(Data extracted from a collection)
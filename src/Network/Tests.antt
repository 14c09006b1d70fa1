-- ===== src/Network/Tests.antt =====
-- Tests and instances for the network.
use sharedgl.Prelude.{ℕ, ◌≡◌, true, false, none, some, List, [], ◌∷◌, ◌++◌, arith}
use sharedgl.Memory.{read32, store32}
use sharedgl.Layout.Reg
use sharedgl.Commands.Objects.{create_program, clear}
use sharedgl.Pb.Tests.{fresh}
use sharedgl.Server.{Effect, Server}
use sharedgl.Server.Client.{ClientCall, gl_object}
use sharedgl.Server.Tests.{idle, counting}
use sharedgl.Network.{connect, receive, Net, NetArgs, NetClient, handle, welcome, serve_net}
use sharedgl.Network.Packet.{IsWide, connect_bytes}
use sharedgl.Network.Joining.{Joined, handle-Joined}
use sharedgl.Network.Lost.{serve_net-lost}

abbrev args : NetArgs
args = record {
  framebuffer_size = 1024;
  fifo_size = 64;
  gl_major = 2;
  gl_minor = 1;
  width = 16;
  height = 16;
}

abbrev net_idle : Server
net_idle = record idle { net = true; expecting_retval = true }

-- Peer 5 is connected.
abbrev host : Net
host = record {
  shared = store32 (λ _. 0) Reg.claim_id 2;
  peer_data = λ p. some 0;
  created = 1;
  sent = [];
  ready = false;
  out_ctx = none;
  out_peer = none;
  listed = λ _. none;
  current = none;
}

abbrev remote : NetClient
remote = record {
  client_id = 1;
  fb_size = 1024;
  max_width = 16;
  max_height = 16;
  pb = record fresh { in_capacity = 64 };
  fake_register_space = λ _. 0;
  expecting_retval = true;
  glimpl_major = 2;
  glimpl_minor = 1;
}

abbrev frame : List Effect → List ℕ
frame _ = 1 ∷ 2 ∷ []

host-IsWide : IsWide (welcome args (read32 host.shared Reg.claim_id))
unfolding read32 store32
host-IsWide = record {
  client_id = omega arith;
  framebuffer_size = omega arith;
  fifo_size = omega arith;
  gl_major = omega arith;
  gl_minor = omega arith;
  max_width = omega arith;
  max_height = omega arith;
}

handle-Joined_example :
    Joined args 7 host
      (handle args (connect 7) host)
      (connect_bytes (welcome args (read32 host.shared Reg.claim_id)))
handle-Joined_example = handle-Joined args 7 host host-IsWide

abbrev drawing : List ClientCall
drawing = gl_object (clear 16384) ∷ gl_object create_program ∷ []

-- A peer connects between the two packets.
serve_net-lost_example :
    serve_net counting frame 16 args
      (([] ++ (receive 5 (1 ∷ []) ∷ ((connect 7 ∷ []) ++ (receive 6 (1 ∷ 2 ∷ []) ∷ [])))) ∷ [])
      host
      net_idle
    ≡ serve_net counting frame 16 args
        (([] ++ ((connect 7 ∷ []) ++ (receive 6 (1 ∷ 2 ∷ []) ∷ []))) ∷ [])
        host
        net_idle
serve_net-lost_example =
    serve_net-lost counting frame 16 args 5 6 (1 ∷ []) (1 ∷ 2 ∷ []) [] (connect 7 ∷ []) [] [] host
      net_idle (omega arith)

---

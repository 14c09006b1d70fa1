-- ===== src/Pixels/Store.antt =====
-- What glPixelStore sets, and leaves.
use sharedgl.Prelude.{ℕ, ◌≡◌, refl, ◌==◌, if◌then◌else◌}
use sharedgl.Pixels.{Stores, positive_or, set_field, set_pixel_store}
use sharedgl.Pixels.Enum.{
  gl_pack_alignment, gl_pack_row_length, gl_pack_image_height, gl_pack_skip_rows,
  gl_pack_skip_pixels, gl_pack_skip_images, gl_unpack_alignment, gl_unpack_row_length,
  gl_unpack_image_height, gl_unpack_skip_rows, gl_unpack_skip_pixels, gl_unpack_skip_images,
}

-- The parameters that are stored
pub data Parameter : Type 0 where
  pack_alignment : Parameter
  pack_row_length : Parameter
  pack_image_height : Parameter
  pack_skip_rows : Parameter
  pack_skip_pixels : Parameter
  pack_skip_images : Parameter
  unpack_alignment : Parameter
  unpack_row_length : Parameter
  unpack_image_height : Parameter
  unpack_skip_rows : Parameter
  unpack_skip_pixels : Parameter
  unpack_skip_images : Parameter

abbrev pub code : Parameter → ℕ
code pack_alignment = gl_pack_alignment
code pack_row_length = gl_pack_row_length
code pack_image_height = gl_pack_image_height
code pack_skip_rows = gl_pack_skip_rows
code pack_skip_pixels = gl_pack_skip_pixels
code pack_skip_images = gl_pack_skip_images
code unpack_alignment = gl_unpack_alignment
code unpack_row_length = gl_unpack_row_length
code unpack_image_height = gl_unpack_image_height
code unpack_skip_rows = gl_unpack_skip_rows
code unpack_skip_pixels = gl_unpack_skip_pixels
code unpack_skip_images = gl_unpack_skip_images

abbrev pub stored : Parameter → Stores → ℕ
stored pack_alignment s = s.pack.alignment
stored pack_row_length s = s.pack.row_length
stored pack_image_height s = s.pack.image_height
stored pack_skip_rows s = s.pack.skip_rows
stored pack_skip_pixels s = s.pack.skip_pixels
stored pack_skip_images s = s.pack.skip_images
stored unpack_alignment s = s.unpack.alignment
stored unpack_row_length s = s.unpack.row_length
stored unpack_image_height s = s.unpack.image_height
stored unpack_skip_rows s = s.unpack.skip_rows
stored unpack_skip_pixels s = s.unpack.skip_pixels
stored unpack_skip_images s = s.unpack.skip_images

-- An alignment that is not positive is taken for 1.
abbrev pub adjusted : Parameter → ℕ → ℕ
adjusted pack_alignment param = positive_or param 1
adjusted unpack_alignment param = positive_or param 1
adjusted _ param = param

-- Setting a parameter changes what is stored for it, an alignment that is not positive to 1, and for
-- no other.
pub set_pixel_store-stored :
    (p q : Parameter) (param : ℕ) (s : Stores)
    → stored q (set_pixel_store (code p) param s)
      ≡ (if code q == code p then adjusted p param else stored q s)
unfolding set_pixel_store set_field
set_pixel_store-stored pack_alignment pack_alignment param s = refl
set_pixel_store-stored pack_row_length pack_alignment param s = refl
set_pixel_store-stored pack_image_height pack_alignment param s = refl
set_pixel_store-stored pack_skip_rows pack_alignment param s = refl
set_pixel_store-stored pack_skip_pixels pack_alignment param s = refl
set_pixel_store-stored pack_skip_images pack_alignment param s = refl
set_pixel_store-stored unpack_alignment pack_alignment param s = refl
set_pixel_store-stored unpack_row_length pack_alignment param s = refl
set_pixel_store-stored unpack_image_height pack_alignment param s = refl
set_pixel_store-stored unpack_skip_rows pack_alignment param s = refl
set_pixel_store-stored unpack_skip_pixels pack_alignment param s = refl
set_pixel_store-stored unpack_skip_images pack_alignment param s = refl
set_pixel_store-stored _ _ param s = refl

## Problem description
The expected answer is an exact copy of the lines above, beginning at the line with "remote = record" and ending at the line with "frame _ = 1 ∷ 2 ∷ []", with both ends in.

## Answer space
remote = record {
  client_id = 1;
  fb_size = 1024;
  max_width = 16;
  max_height = 16;
  pb = record fresh { in_capacity = 64 };
  fake_register_space = λ _. 0;
  expecting_retval = true;
  glimpl_major = 2;
  glimpl_minor = 1;
}

abbrev frame : List Effect → List ℕ
frame _ = 1 ∷ 2 ∷ []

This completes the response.